By Jianing Wu and Florian Ginez

Mainstream adoption of technology occurs when a system is robust, and its value is recognized by the public. To quantify these measures, let's talk about utility value and speculative value.

Utility value refers to the benefits that the technology provides, reflected by its demands.

Speculative value is when investors believe the technology is worth a value based on future expectations.

Both factors are essential in advancing a system's expansion-utility value is unsubstantiated if speculative value doesn't grow, and conversely, speculative value is artificial if utility value doesn't follow.
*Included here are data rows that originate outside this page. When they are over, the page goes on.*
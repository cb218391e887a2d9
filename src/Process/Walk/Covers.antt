-- ===== src/Process/Walk/Covers.antt =====
-- The walk reaches every descendant: what it yields is closed under children.
use mathlib.Core.Path.{subst}
use pty.Base.{
  ℕ, zero, suc, ◌≡◌, sym, arith, true, false, List, [], ◌∷◌, ◌++◌, some, length, ℤ, int_eq, int_mem,
  int_eq_iff, int_eq_refl, inl, inr, ◌⊎◌, Bool-cases, All, or_true,
}
use pty.Process.Table.{Row}
use pty.Process.Walk.{children, at_depth, walk_loop, walk_all}
use pty.Process.Walk.Yields.{
  Descends, child, deeper, pids, All-left, All-right, All-at_depth_mem, walk_round, All-map,
  All-mem,
}

-- Seen, or about to be yielded.
abbrev Covered : List ℤ → List (ℤ × ℕ) → ℤ → Type 0
Covered seen l p = (int_mem p seen ≡ true) ⊎ (int_mem p (pids l) ≡ true)

Covered-yielded :
    (seen : List ℤ) (rest : List (ℤ × ℕ)) (pid : ℤ) (d : ℕ) (p : ℤ)
    → Covered (pid ∷ seen) rest p
    → Covered seen ((pid, d) ∷ rest) p
Covered-yielded seen rest pid d p (inl h) = elim (or_true (int_eq p pid) (int_mem p seen) h) [
  | inl e ↦ inr (rw e)
  | inr e ↦ inl e
]
Covered-yielded seen rest pid d p (inr h) =
    inr (elim (Bool-cases (int_eq p pid)) [ inl e ↦ rw e | inr e ↦ rw (e, h) ])

walk_covers :
    (fuel : ℕ) (rows : List Row) (seen : List ℤ) (queue l : List (ℤ × ℕ))
    → walk_loop fuel rows seen queue ≡ some l
    → All (λ e. Covered seen l e.0) queue
unfolding walk_loop
walk_covers zero rows seen [] l e = tt
walk_covers (suc fuel) rows seen [] l e = tt
walk_covers zero rows seen ((pid, d) ∷ queue) l e = cc
walk_covers (suc fuel) rows seen ((pid, d) ∷ queue) l e = elim (Bool-cases (int_mem pid seen)) [
  | inl m ↦ (inl m, walk_covers fuel rows seen queue l (rw (m, walk_loop) at e))
  | inr m ↦
      let (rest, is, e') = walk_round fuel rows seen pid d queue m e in
      let covered =
        walk_covers fuel rows (pid ∷ seen) (queue ++ at_depth (suc d) (children pid rows)) rest
          e' in
      subst (λ k. All (λ (x : ℤ × ℕ). Covered seen k x.0) ((pid, d) ∷ queue)) (sym is)
        (
          inr (rw (int_eq_refl pid)),
          All-map (λ (x : ℤ × ℕ). Covered (pid ∷ seen) rest x.0)
              (λ x. Covered seen ((pid, d) ∷ rest) x.0) queue
              (λ x. Covered-yielded seen rest pid d x.0)
              (All-left _ queue (at_depth (suc d) (children pid rows)) covered),
        )
]

-- All children of an entry are seen or yielded.
abbrev Closed : List Row → List ℤ → List (ℤ × ℕ) → ℤ × ℕ → Type 0
Closed rows seen l e = (c : ℤ) → int_mem c (children e.0 rows) ≡ true → Covered seen l c

walk_loop-Closed :
    (fuel : ℕ) (rows : List Row) (seen : List ℤ) (queue l : List (ℤ × ℕ))
    → walk_loop fuel rows seen queue ≡ some l
    → All (Closed rows seen l) l
unfolding walk_loop
walk_loop-Closed zero rows seen [] l e = ground arith
walk_loop-Closed (suc fuel) rows seen [] l e = ground arith
walk_loop-Closed zero rows seen ((pid, d) ∷ queue) l e = cc
walk_loop-Closed (suc fuel) rows seen ((pid, d) ∷ queue) l e =
    elim (Bool-cases (int_mem pid seen)) [
      | inl m ↦ walk_loop-Closed fuel rows seen queue l (rw (m, walk_loop) at e)
      | inr m ↦
          let (rest, is, e') = walk_round fuel rows seen pid d queue m e in
          let next = queue ++ at_depth (suc d) (children pid rows) in
          let covered = walk_covers fuel rows (pid ∷ seen) next rest e' in
          subst (λ k. All (Closed rows seen k) k) (sym is)
            (
              (λ c k. Covered-yielded seen rest pid d c (
                  All-at_depth_mem (Covered (pid ∷ seen) rest) (suc d) (children pid rows) c
                    (All-right _ queue (at_depth (suc d) (children pid rows)) covered) k)),
              All-map (Closed rows (pid ∷ seen) rest) (Closed rows seen ((pid, d) ∷ rest)) rest
                  (λ x f c k. Covered-yielded seen rest pid d c (f c k))
                  (walk_loop-Closed fuel rows (pid ∷ seen)
                    (queue ++ at_depth (suc d) (children pid rows)) rest e'),
            )
    ]

only_root :
    (root p : ℤ) (l : List (ℤ × ℕ))
    → Covered (root ∷ []) l p
    → (int_eq p root ≡ true) ⊎ (int_mem p (pids l) ≡ true)
only_root root p l (inl h) = inl (elim (or_true (int_eq p root) false h) [ inl k ↦ k | inr k ↦ cc ])
only_root root p l (inr h) = inr h

child_reaches :
    (root : ℤ) (rows : List Row) (l : List (ℤ × ℕ)) (pid : ℤ)
    → walk_all root rows ≡ some l
    → int_mem pid (children root rows) ≡ true
    → (int_eq pid root ≡ true) ⊎ (int_mem pid (pids l) ≡ true)
unfolding walk_all
child_reaches root rows l pid e c = only_root root pid l (
    All-at_depth_mem (Covered (root ∷ []) l) 1 (children root rows) pid
      (walk_covers (length rows) rows (root ∷ []) (at_depth 1 (children root rows)) l e) c)

deeper_reaches :
    (root : ℤ) (rows : List Row) (l : List (ℤ × ℕ)) (parent pid : ℤ)
    → walk_all root rows ≡ some l
    → int_mem parent (pids l) ≡ true
    → int_mem pid (children parent rows) ≡ true
    → (int_eq pid root ≡ true) ⊎ (int_mem pid (pids l) ≡ true)
unfolding walk_all
deeper_reaches root rows l parent pid e m c =
    let closed =
      walk_loop-Closed (length rows) rows (root ∷ []) (at_depth 1 (children root rows)) l e in
    only_root root pid l ((All-mem (Closed rows (root ∷ []) l) l parent closed m).1 pid c)

pub walk_reaches :
    (root : ℤ) (rows : List Row) (l : List (ℤ × ℕ)) {pid : ℤ} {d : ℕ}
    → walk_all root rows ≡ some l
    → Descends root rows pid d
    → (int_eq pid root ≡ true) ⊎ (int_mem pid (pids l) ≡ true)
walk_reaches root rows l e (child {pid} c) = child_reaches root rows l pid e c
walk_reaches root rows l e (deeper {parent} {pid} r c) = elim (walk_reaches root rows l e r) [
  | inl h ↦
      child_reaches root rows l pid e
        (subst (λ q. int_mem pid (children q rows) ≡ true) ((int_eq_iff parent root).0 h) c)
  | inr h ↦ deeper_reaches root rows l parent pid e h c
]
Bitcoin's recent growth is fueled by both aspects. Its ecosystem has matured, leading to more applications in real life. In anticipation of its wider adoption, financial institutions started delving into the crypto space, resulting in a strong inflow of capital.

Unlike its 2017 retail frenzy, bitcoin's recent upsurge is partly driven by financial institutions' interests.

In our first blog post of the series, we introduced corporations' purchases of bitcoin as part of their balance sheet assets. Here, we will discuss the second source of institutional demand-the investment management industry's participation.

A Shift in Narrative and Perception

Financial institutions' views of bitcoin have been evolving.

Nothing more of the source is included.